— EXTRACTED MATERIAL —
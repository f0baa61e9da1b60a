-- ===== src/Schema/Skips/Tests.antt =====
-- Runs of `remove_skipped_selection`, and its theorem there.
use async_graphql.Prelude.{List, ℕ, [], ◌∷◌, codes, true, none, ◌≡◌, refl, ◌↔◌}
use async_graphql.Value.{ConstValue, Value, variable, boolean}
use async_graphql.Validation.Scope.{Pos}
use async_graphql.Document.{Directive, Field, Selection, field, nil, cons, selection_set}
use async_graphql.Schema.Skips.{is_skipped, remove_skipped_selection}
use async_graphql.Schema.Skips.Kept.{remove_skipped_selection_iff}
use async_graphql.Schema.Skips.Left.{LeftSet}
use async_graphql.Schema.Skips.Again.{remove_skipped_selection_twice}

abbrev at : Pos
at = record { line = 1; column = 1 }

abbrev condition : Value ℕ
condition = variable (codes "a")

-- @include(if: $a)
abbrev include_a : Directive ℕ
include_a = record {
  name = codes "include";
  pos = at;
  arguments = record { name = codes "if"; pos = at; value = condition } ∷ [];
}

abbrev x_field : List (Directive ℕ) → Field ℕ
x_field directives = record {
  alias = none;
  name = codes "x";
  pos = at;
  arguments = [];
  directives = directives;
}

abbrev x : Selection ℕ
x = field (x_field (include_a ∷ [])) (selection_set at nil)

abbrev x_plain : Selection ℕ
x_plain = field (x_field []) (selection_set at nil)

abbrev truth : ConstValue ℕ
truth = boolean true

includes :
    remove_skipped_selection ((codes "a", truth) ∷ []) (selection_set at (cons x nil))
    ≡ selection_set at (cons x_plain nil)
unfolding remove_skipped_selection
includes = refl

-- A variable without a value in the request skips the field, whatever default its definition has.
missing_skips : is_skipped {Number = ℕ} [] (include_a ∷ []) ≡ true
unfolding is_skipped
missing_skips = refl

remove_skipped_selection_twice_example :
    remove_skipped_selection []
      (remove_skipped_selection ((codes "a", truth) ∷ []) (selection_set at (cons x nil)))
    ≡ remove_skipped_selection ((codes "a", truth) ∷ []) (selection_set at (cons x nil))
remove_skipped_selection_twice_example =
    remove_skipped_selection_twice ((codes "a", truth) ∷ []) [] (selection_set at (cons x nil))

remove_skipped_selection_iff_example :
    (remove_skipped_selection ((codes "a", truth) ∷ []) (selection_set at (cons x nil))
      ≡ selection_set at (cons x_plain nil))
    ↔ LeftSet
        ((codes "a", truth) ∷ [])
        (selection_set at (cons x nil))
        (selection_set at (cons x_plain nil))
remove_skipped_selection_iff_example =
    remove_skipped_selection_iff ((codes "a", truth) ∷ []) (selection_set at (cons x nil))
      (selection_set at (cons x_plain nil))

— EXERCISE DETAILS —
Write down all the entries again without a single difference.

— SOLUTION TO THIS TASK —
repository f0baa61e9da1b60a
-- ===== src/Schema/Skips/Tests.antt =====
-- Runs of `remove_skipped_selection`, and its theorem there.
use async_graphql.Prelude.{List, ℕ, [], ◌∷◌, codes, true, none, ◌≡◌, refl, ◌↔◌}
use async_graphql.Value.{ConstValue, Value, variable, boolean}
use async_graphql.Validation.Scope.{Pos}
use async_graphql.Document.{Directive, Field, Selection, field, nil, cons, selection_set}
use async_graphql.Schema.Skips.{is_skipped, remove_skipped_selection}
use async_graphql.Schema.Skips.Kept.{remove_skipped_selection_iff}
use async_graphql.Schema.Skips.Left.{LeftSet}
use async_graphql.Schema.Skips.Again.{remove_skipped_selection_twice}

abbrev at : Pos
at = record { line = 1; column = 1 }

abbrev condition : Value ℕ
condition = variable (codes "a")

-- @include(if: $a)
abbrev include_a : Directive ℕ
include_a = record {
  name = codes "include";
  pos = at;
  arguments = record { name = codes "if"; pos = at; value = condition } ∷ [];
}

abbrev x_field : List (Directive ℕ) → Field ℕ
x_field directives = record {
  alias = none;
  name = codes "x";
  pos = at;
  arguments = [];
  directives = directives;
}

abbrev x : Selection ℕ
x = field (x_field (include_a ∷ [])) (selection_set at nil)

abbrev x_plain : Selection ℕ
x_plain = field (x_field []) (selection_set at nil)

abbrev truth : ConstValue ℕ
truth = boolean true

includes :
    remove_skipped_selection ((codes "a", truth) ∷ []) (selection_set at (cons x nil))
    ≡ selection_set at (cons x_plain nil)
unfolding remove_skipped_selection
includes = refl

-- A variable without a value in the request skips the field, whatever default its definition has.
missing_skips : is_skipped {Number = ℕ} [] (include_a ∷ []) ≡ true
unfolding is_skipped
missing_skips = refl

remove_skipped_selection_twice_example :
    remove_skipped_selection []
      (remove_skipped_selection ((codes "a", truth) ∷ []) (selection_set at (cons x nil)))
    ≡ remove_skipped_selection ((codes "a", truth) ∷ []) (selection_set at (cons x nil))
remove_skipped_selection_twice_example =
    remove_skipped_selection_twice ((codes "a", truth) ∷ []) [] (selection_set at (cons x nil))

remove_skipped_selection_iff_example :
    (remove_skipped_selection ((codes "a", truth) ∷ []) (selection_set at (cons x nil))
      ≡ selection_set at (cons x_plain nil))
    ↔ LeftSet
        ((codes "a", truth) ∷ [])
        (selection_set at (cons x nil))
        (selection_set at (cons x_plain nil))
remove_skipped_selection_iff_example =
    remove_skipped_selection_iff ((codes "a", truth) ∷ []) (selection_set at (cons x nil))
      (selection_set at (cons x_plain nil))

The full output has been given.